PROBLEM »
Only the lines of the data below from the one with "of four bytes." through the one with "let kernel = join_path" are wanted. Repeat them exactly.

========================================

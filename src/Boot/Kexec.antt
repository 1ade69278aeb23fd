-- ===== src/Boot/Kexec.antt =====
-- boot/src/kexec.rs: which kernel a boot environment starts with, its command line, and the handing over.
-- The backend, the writer, the files under the mounted root, the bytes of /etc/hostid and the path of the
-- program `zfs` are parameters. A path is a text; `join_path` is `Path::join` of a relative name. What is
-- written is given by the values that the line quotes.
pub mod Handoff
pub mod Hostid
use zboot.Base.{
  ℕ, zero, suc, ◌+◌, ◌-◌, ◌*◌, ◌/◌, ◌%◌, Bool, true, false, ◌||◌, not, Option, none, some, List, [],
  ◌∷◌, ◌++◌, Str, ◌==◌, nat_eq, str_eq, is_empty, leb, ltb, if◌then◌else◌,
}
use zboot.Text.{codes, trim, join}
use zboot.Core.Types.{BootEnvironment}
use zboot.Cli.Io.{Io, Error, not_found, not_rebooted, ◌>>=◌, ◌>>◌, pure, raise, guard, attempt}
use zboot.Cli.Sub.{Runner, RunOutput}

pub record KexecPlan : Type 0 where
  pub kernel : Str
  pub initrd : Str
  pub cmdline : Str
  pub dataset : Str

pub data Gate : Type 0 where
  opened closed : Gate

-- The trait of that name, and the writer.
pub record KexecBackend (S : Type 0) : Type 0 where
  pub load : KexecPlan → Io S (Unit {0})
  pub exec : Io S (Unit {0})
  pub would_kexec : KexecPlan → Io S (Unit {0})
  pub kexecing : Str → Io S (Unit {0})

unfoldable pub decide_gate : Bool → Bool → Gate
decide_gate pid_one env_override = if pid_one || env_override then opened else closed

abbrev pub join_path : Str → Str → Str
join_path dir name = dir ++ b'/' ∷ name

-- One line with the parts that are not empty behind it.
unfoldable pub build_cmdline : Str → Option Str → Str
build_cmdline dataset extras =
    let base = codes "root=ZFS=" ++ (dataset ++ codes " ro") in
    elim extras [ none ↦ base | some e ↦ if is_empty e then base else base ++ b' ' ∷ e ]

-- A digit of `{:x}`.
unfoldable pub hex_digit : ℕ → ℕ
hex_digit d = if ltb d 10 then b'0' + d else b'a' + (d - 10)

-- `{:08x}` of a `u32`: eight digits.
unfoldable pub hex_digits : ℕ → ℕ → Str
unfolding hex_digit
hex_digits zero n = []
hex_digits (suc k) n = hex_digits k (n / 16) ++ hex_digit (n % 16) ∷ []

-- `u32::from_le_bytes` of four bytes.
unfoldable pub read_runtime_hostid : Option (List ℕ) → Option ℕ
read_runtime_hostid (some (a ∷ b ∷ c ∷ d ∷ [])) = some (a + 256 * (b + 256 * (c + 256 * d)))
read_runtime_hostid _ = none

abbrev pub push_part : Option Str → List Str
push_part none = []
push_part (some p) = if is_empty p then [] else p ∷ []

abbrev pub hostid_part : Option ℕ → List Str
hostid_part none = []
hostid_part (some h) = (codes "spl.spl_hostid=0x" ++ hex_digits 8 h) ∷ []

abbrev pub extras_of : BootEnvironment → Option Str → Str
extras_of be none = codes "zboot.be=" ++ (be.name ++ codes " console=tty0 console=ttyS0,115200")
extras_of be (some e) = e

-- `compose_cmdline`, given what the two files say.
unfoldable pub compose_cmdline : BootEnvironment → Option Str → Option ℕ → Option Str → Str
unfolding build_cmdline hex_digits join
compose_cmdline be persist hostid extras_override = join (b' ' ∷ []) (
    build_cmdline be.dataset none
    ∷ (push_part persist
        ++ (push_part (some (extras_of be extras_override)) ++ hostid_part hostid)))

-- What `zfs get` prints; `none` if it did not succeed.
abbrev pub persisted : Option RunOutput → Option Str
persisted none = none
persisted (some out) =
    let trimmed = trim out.stdout in
    if not (out.rc == 0)
    then none
    else if is_empty trimmed || trimmed == codes "-"
    then none
    else some trimmed

abbrev pub get_args : Str → List Str
get_args dataset =
    codes "get"
    ∷ codes "-H"
    ∷ codes "-o"
    ∷ codes "value"
    ∷ codes "zboot:kernel-cmdline"
    ∷ dataset
    ∷ []

module _ {S : Type 0} (r : Runner S) (zfs : Str) where
  unfoldable pub read_zboot_cmdline : Str → Io S (Option Str)
  unfolding trim
  read_zboot_cmdline dataset = do out ← attempt (r.run zfs (get_args dataset)); pure (persisted out)

  module _ (there : Str → Bool) (hostid_file : Option (List ℕ)) where
    unfoldable pub plan_with_kernel :
        BootEnvironment → Str → Str → Str → Option Str → Io S KexecPlan
    unfolding read_zboot_cmdline compose_cmdline read_runtime_hostid
    plan_with_kernel be mount_root kernel_filename initrd_filename extras_override = do
      let boot_dir = join_path mount_root (codes "boot")
      let kernel = join_path boot_dir kernel_filename
      guard (there kernel) (not_found kernel)
      let initrd = join_path boot_dir initrd_filename
      guard (there initrd) (not_found initrd)
      persist ← read_zboot_cmdline be.dataset
      pure (record {
        kernel = kernel;
        initrd = initrd;
        cmdline = compose_cmdline be persist (read_runtime_hostid hostid_file) extras_override;
        dataset = be.dataset;
      })

    unfoldable pub plan : BootEnvironment → Str → Io S KexecPlan
    unfolding plan_with_kernel
    plan be mount_root = plan_with_kernel be mount_root (codes "vmlinuz") (codes "initrd.img") none

module _ {S : Type 0} (backend : KexecBackend S) where
  unfoldable pub handoff_plan_with_gate : KexecPlan → Gate → Io S (Unit {0})
  handoff_plan_with_gate p closed = backend.would_kexec p
  handoff_plan_with_gate p opened = do
    backend.load p
    backend.kexecing p.dataset
    backend.exec
    raise not_rebooted

  module _ (r : Runner S) (zfs : Str) (there : Str → Bool) (hostid_file : Option (List ℕ)) where
    unfoldable pub handoff_with_gate : BootEnvironment → Str → Gate → Io S (Unit {0})
    unfolding plan handoff_plan_with_gate
    handoff_with_gate be mount_root gate = do
      p ← plan r zfs there hostid_file be mount_root
      handoff_plan_with_gate p gate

========================================

ANSWER FOR THIS EXERCISE »
-- `u32::from_le_bytes` of four bytes.
unfoldable pub read_runtime_hostid : Option (List ℕ) → Option ℕ
read_runtime_hostid (some (a ∷ b ∷ c ∷ d ∷ [])) = some (a + 256 * (b + 256 * (c + 256 * d)))
read_runtime_hostid _ = none

abbrev pub push_part : Option Str → List Str
push_part none = []
push_part (some p) = if is_empty p then [] else p ∷ []

abbrev pub hostid_part : Option ℕ → List Str
hostid_part none = []
hostid_part (some h) = (codes "spl.spl_hostid=0x" ++ hex_digits 8 h) ∷ []

abbrev pub extras_of : BootEnvironment → Option Str → Str
extras_of be none = codes "zboot.be=" ++ (be.name ++ codes " console=tty0 console=ttyS0,115200")
extras_of be (some e) = e

-- `compose_cmdline`, given what the two files say.
unfoldable pub compose_cmdline : BootEnvironment → Option Str → Option ℕ → Option Str → Str
unfolding build_cmdline hex_digits join
compose_cmdline be persist hostid extras_override = join (b' ' ∷ []) (
    build_cmdline be.dataset none
    ∷ (push_part persist
        ++ (push_part (some (extras_of be extras_override)) ++ hostid_part hostid)))

-- What `zfs get` prints; `none` if it did not succeed.
abbrev pub persisted : Option RunOutput → Option Str
persisted none = none
persisted (some out) =
    let trimmed = trim out.stdout in
    if not (out.rc == 0)
    then none
    else if is_empty trimmed || trimmed == codes "-"
    then none
    else some trimmed

abbrev pub get_args : Str → List Str
get_args dataset =
    codes "get"
    ∷ codes "-H"
    ∷ codes "-o"
    ∷ codes "value"
    ∷ codes "zboot:kernel-cmdline"
    ∷ dataset
    ∷ []

module _ {S : Type 0} (r : Runner S) (zfs : Str) where
  unfoldable pub read_zboot_cmdline : Str → Io S (Option Str)
  unfolding trim
  read_zboot_cmdline dataset = do out ← attempt (r.run zfs (get_args dataset)); pure (persisted out)

  module _ (there : Str → Bool) (hostid_file : Option (List ℕ)) where
    unfoldable pub plan_with_kernel :
        BootEnvironment → Str → Str → Str → Option Str → Io S KexecPlan
    unfolding read_zboot_cmdline compose_cmdline read_runtime_hostid
    plan_with_kernel be mount_root kernel_filename initrd_filename extras_override = do
      let boot_dir = join_path mount_root (codes "boot")
      let kernel = join_path boot_dir kernel_filename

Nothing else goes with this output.